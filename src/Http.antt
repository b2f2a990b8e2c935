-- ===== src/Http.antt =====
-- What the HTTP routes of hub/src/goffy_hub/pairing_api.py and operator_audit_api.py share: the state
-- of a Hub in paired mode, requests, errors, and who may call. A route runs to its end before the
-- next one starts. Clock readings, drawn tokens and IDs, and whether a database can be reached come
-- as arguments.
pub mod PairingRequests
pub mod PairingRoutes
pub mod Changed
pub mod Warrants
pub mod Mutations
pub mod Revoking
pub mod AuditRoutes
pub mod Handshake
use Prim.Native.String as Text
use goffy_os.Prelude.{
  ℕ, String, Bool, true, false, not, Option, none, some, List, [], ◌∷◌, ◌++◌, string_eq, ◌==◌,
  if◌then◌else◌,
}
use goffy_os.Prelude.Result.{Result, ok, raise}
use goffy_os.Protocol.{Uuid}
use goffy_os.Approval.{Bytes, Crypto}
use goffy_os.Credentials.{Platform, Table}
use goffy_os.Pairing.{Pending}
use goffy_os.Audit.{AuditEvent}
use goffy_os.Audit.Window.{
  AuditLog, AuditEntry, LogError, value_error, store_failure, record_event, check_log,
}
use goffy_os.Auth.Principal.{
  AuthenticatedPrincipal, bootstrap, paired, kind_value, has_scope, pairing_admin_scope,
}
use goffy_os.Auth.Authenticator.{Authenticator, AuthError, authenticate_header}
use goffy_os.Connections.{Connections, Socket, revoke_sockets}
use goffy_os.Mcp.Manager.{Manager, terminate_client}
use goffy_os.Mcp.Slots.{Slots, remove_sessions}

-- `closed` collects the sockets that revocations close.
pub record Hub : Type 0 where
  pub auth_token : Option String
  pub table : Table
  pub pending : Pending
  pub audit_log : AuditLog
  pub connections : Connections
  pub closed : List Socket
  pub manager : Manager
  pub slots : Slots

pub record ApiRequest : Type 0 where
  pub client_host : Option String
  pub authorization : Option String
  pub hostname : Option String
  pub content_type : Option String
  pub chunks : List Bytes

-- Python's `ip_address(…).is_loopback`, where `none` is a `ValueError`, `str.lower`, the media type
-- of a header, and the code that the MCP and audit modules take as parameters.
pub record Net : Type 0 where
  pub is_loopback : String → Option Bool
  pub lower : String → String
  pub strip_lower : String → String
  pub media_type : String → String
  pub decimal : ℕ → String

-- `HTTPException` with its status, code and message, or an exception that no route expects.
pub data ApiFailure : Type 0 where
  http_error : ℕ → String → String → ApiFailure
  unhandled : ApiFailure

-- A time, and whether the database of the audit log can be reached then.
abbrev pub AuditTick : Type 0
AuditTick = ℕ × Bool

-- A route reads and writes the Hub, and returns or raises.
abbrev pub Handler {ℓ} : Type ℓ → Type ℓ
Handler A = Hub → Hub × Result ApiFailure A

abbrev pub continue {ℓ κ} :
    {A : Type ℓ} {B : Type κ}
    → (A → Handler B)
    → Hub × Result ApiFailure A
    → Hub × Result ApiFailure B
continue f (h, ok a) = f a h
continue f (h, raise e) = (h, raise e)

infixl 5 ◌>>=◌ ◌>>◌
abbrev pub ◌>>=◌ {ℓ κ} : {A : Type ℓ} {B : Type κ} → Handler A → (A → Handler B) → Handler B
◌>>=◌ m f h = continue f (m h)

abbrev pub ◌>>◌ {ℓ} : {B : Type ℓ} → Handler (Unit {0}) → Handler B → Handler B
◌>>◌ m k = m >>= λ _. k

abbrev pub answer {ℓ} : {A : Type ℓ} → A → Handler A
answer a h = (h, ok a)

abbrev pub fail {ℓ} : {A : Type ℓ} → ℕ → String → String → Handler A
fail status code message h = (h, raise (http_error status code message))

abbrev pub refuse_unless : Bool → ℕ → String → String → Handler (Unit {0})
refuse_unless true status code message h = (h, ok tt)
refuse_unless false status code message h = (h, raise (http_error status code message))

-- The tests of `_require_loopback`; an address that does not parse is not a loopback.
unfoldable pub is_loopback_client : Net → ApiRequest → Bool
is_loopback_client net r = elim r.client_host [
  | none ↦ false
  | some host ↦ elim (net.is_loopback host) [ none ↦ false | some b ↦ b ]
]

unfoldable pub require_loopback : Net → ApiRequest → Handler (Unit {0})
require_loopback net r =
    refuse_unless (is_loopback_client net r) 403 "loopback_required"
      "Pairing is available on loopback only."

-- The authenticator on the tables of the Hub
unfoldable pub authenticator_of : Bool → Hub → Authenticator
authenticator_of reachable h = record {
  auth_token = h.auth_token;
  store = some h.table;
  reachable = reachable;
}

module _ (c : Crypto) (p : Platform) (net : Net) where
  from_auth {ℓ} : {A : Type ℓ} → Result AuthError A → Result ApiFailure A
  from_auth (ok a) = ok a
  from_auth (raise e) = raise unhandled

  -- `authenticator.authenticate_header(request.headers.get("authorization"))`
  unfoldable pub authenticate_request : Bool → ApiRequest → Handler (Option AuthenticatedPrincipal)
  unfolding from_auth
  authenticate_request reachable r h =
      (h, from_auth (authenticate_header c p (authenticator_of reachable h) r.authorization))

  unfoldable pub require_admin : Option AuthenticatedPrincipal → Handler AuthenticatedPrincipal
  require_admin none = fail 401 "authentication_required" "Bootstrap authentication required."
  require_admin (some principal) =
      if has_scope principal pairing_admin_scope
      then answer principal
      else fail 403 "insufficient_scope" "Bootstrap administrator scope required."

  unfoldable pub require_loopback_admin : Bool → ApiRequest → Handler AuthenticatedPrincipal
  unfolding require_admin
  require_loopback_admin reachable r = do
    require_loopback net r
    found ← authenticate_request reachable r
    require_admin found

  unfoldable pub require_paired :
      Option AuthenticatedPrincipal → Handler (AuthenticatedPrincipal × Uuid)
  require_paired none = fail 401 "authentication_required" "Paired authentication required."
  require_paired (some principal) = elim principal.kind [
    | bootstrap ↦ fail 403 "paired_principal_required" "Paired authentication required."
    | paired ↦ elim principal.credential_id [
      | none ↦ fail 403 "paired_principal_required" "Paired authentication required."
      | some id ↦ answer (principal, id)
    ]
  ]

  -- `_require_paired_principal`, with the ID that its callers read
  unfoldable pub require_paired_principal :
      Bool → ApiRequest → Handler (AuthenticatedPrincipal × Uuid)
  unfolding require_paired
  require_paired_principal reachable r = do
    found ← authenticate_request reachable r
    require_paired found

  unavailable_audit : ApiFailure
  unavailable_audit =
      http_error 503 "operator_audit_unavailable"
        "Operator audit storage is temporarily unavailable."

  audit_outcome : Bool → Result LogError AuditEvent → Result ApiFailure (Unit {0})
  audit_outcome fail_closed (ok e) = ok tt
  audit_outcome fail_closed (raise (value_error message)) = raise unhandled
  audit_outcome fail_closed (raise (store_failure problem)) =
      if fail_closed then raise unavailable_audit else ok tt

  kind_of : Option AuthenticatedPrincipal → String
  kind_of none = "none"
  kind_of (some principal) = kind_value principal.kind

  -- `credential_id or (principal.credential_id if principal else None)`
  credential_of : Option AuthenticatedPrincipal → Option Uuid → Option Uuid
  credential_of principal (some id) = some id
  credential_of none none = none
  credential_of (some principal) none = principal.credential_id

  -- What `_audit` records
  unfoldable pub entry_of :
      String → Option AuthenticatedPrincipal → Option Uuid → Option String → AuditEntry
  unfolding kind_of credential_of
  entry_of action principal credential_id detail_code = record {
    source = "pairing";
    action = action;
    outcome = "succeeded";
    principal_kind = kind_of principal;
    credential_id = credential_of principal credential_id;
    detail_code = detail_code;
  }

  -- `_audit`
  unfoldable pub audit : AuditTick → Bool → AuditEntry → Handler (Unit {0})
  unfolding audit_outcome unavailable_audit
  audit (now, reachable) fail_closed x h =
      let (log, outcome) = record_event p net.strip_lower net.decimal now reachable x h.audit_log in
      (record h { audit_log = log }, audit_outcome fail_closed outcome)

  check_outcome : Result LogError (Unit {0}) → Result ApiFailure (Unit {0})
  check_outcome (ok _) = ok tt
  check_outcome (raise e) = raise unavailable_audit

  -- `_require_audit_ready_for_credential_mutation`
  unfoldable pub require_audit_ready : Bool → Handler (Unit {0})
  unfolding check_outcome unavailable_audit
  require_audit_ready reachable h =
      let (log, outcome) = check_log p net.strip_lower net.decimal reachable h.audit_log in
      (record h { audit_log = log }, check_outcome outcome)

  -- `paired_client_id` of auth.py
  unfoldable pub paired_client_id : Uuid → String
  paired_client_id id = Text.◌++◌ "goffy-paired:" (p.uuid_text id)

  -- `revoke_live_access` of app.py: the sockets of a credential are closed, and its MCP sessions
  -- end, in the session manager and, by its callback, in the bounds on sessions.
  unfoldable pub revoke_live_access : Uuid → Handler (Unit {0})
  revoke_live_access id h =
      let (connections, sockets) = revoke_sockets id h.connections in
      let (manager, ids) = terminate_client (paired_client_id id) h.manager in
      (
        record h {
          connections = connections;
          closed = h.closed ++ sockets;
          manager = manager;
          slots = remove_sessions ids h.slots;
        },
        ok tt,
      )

━━━━

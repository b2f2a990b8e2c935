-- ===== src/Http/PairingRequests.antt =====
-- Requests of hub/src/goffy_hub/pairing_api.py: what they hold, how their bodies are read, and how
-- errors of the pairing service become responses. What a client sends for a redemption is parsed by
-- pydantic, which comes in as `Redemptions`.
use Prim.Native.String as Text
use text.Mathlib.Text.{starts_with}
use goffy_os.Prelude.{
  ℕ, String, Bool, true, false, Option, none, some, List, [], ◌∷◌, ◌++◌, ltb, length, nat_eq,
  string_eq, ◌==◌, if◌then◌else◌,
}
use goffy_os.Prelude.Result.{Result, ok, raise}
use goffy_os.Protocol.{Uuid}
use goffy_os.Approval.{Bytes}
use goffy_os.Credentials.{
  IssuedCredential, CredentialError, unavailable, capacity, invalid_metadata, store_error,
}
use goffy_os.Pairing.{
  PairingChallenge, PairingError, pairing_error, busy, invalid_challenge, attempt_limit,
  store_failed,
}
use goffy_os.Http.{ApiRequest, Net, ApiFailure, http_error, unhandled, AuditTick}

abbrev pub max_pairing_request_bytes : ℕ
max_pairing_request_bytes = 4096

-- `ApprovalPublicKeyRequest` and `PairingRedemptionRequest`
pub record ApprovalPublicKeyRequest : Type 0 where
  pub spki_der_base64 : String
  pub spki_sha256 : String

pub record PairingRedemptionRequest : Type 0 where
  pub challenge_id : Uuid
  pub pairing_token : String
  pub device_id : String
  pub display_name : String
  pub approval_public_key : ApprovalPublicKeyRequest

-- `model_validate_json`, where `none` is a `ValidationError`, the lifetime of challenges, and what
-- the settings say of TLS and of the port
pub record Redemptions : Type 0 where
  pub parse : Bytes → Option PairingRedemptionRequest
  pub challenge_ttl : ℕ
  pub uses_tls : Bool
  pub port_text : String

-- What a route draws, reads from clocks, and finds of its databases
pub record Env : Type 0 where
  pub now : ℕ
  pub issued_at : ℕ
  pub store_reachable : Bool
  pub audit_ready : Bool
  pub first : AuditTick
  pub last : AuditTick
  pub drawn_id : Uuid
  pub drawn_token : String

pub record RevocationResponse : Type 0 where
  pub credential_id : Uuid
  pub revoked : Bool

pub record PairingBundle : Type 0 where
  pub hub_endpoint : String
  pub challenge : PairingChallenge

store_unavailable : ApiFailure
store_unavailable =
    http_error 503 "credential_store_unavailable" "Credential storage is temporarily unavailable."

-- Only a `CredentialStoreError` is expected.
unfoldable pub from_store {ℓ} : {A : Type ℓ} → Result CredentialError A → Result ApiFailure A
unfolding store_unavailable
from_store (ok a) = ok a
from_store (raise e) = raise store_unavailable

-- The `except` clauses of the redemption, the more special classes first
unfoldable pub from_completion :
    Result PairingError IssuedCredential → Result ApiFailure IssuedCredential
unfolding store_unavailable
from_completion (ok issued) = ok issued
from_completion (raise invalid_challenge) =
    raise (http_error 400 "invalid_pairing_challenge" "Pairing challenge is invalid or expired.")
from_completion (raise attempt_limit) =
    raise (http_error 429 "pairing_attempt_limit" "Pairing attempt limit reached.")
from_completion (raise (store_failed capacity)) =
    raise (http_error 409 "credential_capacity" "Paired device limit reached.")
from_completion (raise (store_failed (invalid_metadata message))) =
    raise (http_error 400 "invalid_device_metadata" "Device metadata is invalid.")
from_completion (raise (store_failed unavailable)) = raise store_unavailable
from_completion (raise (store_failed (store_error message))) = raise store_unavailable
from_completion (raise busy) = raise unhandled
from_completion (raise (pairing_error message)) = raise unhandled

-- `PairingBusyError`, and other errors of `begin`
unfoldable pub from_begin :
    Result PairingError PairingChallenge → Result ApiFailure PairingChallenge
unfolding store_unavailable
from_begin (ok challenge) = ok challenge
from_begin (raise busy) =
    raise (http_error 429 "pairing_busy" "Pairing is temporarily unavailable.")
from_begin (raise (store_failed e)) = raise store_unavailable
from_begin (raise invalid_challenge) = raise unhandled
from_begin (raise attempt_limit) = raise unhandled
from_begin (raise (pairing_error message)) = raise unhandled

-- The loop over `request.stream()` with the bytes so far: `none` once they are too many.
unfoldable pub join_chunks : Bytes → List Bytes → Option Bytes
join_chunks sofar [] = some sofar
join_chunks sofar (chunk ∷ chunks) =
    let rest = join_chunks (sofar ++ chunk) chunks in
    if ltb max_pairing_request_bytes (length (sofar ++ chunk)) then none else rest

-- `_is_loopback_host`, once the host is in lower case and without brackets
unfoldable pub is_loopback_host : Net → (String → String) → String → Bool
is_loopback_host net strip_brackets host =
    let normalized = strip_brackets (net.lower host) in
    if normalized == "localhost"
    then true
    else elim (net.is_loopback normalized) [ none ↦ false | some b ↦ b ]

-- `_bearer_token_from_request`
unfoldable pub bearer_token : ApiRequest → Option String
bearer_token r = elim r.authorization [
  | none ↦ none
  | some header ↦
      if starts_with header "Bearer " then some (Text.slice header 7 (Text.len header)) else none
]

━━━━

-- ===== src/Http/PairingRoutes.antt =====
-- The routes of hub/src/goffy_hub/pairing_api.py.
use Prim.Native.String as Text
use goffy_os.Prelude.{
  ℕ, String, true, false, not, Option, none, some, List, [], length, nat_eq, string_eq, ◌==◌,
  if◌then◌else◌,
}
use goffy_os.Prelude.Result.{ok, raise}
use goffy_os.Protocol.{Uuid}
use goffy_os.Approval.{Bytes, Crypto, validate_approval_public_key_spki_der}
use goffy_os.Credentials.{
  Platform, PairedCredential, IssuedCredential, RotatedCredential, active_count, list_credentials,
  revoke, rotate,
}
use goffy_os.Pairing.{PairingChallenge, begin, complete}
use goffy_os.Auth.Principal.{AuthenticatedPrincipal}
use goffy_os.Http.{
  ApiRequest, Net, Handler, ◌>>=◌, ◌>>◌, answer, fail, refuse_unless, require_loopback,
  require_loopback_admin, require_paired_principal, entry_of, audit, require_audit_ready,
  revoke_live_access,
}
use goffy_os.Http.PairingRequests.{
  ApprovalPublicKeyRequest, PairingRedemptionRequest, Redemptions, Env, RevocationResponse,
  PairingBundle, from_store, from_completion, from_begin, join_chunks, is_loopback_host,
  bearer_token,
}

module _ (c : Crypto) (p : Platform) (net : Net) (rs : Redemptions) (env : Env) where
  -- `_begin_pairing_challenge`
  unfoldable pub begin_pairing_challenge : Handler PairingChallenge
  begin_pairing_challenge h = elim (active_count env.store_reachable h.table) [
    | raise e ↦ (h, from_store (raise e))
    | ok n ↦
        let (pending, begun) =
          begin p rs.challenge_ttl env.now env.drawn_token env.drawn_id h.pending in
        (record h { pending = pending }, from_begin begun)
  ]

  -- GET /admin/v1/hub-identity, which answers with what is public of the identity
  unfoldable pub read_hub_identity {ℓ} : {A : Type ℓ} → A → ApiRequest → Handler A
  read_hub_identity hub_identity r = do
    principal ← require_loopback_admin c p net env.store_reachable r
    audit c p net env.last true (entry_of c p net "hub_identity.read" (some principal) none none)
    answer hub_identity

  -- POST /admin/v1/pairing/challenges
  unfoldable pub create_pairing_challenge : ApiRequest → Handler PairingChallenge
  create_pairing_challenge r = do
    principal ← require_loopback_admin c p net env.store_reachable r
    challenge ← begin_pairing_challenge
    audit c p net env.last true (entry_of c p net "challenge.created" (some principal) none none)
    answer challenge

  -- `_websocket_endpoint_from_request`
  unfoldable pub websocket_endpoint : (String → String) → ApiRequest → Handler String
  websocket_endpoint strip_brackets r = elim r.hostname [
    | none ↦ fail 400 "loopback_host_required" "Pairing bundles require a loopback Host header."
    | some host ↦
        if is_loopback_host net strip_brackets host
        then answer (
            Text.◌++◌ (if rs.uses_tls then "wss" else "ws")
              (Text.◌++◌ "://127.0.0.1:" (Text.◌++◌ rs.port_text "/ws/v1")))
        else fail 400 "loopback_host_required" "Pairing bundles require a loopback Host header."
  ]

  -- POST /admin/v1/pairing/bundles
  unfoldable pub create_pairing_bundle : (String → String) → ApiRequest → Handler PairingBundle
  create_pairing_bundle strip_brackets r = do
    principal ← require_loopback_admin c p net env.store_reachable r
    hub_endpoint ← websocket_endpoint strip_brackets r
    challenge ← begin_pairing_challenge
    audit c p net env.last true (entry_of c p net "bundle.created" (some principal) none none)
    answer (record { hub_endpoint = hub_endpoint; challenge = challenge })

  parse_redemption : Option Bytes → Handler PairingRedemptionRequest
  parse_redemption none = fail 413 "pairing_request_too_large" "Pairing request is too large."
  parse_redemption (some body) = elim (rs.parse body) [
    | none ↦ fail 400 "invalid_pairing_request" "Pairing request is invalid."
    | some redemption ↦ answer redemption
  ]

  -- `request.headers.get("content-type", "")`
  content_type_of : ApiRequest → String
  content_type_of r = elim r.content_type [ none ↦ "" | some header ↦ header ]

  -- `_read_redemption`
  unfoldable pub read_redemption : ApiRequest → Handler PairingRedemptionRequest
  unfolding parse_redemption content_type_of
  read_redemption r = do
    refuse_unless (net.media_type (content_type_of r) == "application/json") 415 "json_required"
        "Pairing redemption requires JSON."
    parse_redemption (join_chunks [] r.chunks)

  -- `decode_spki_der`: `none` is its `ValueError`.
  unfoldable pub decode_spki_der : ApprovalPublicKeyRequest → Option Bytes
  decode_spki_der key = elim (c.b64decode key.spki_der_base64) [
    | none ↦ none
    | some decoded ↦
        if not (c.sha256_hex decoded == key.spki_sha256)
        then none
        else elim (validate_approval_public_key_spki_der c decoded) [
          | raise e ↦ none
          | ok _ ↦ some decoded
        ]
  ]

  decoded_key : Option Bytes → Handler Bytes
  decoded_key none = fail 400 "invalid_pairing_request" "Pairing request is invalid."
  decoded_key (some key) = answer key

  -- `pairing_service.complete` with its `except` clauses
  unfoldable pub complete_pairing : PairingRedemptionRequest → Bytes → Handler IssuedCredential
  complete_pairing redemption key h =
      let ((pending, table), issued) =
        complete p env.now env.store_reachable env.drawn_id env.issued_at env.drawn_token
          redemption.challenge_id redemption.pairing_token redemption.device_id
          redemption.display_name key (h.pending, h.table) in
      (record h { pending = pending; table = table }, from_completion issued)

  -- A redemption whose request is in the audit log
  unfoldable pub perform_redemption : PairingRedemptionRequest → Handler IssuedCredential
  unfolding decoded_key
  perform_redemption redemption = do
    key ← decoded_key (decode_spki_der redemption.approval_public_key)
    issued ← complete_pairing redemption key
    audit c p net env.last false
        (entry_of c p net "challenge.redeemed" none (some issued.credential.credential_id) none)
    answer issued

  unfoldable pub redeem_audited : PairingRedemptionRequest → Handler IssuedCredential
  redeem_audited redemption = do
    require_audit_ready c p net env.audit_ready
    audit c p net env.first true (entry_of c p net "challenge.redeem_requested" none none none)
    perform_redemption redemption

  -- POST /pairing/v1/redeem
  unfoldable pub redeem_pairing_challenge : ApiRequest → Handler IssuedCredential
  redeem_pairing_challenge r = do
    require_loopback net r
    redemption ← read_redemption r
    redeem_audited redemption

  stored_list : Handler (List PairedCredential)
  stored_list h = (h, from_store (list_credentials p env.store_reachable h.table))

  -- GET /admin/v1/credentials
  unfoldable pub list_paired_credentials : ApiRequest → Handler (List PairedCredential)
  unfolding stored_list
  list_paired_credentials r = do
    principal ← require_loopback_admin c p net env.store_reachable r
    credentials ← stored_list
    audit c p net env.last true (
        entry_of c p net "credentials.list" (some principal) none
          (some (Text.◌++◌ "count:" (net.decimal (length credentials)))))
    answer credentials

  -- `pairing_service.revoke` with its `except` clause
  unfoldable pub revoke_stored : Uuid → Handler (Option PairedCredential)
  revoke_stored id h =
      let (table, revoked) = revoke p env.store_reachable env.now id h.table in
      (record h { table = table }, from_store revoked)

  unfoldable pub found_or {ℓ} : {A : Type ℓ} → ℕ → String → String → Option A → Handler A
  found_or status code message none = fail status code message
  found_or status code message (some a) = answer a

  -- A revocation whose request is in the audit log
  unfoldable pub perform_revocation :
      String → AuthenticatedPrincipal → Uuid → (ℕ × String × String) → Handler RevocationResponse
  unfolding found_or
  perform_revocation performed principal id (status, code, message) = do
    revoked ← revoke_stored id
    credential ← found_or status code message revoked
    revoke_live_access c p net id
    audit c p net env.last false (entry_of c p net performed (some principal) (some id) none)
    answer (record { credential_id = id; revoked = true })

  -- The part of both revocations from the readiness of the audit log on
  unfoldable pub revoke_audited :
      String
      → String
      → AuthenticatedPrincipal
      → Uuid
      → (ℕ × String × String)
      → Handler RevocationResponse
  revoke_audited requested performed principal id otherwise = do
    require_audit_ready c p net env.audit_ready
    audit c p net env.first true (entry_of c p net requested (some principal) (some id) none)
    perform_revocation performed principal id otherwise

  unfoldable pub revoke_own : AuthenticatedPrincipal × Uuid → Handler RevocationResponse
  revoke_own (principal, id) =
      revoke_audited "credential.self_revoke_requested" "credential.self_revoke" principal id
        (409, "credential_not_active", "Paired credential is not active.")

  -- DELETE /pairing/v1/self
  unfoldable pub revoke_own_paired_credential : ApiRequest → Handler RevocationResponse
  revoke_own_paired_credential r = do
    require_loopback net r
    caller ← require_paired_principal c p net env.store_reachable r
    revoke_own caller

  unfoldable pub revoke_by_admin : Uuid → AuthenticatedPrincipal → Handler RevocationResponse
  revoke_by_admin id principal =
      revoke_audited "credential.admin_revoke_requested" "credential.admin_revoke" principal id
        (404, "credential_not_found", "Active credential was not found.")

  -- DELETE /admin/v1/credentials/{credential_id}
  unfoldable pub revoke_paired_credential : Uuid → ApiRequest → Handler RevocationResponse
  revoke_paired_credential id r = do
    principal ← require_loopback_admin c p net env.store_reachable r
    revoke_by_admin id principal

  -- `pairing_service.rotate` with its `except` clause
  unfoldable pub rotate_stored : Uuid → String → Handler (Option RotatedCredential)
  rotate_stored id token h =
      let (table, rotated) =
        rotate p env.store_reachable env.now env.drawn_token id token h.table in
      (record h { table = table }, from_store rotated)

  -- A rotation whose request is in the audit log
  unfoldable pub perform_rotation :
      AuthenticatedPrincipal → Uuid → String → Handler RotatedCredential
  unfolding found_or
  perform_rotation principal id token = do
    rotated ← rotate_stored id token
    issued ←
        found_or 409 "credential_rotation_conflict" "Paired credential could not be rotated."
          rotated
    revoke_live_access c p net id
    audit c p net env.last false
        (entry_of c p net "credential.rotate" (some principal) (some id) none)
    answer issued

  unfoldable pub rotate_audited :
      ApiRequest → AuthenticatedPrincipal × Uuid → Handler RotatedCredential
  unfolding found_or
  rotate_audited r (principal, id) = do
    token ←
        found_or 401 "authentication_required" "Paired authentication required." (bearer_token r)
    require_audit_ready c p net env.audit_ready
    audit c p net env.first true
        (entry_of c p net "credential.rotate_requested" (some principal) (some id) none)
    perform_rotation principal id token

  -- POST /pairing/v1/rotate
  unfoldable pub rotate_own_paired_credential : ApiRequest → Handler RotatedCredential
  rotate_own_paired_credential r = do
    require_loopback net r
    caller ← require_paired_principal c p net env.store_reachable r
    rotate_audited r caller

━━━━

● Work instructions: Please go line by line through the records above, copying each one that holds the string "last".

● Answer box:
  pub last : AuditTick
    audit c p net env.last true (entry_of c p net "hub_identity.read" (some principal) none none)
    audit c p net env.last true (entry_of c p net "challenge.created" (some principal) none none)
    audit c p net env.last true (entry_of c p net "bundle.created" (some principal) none none)
    audit c p net env.last false
    audit c p net env.last true (
    audit c p net env.last false (entry_of c p net performed (some principal) (some id) none)
    audit c p net env.last false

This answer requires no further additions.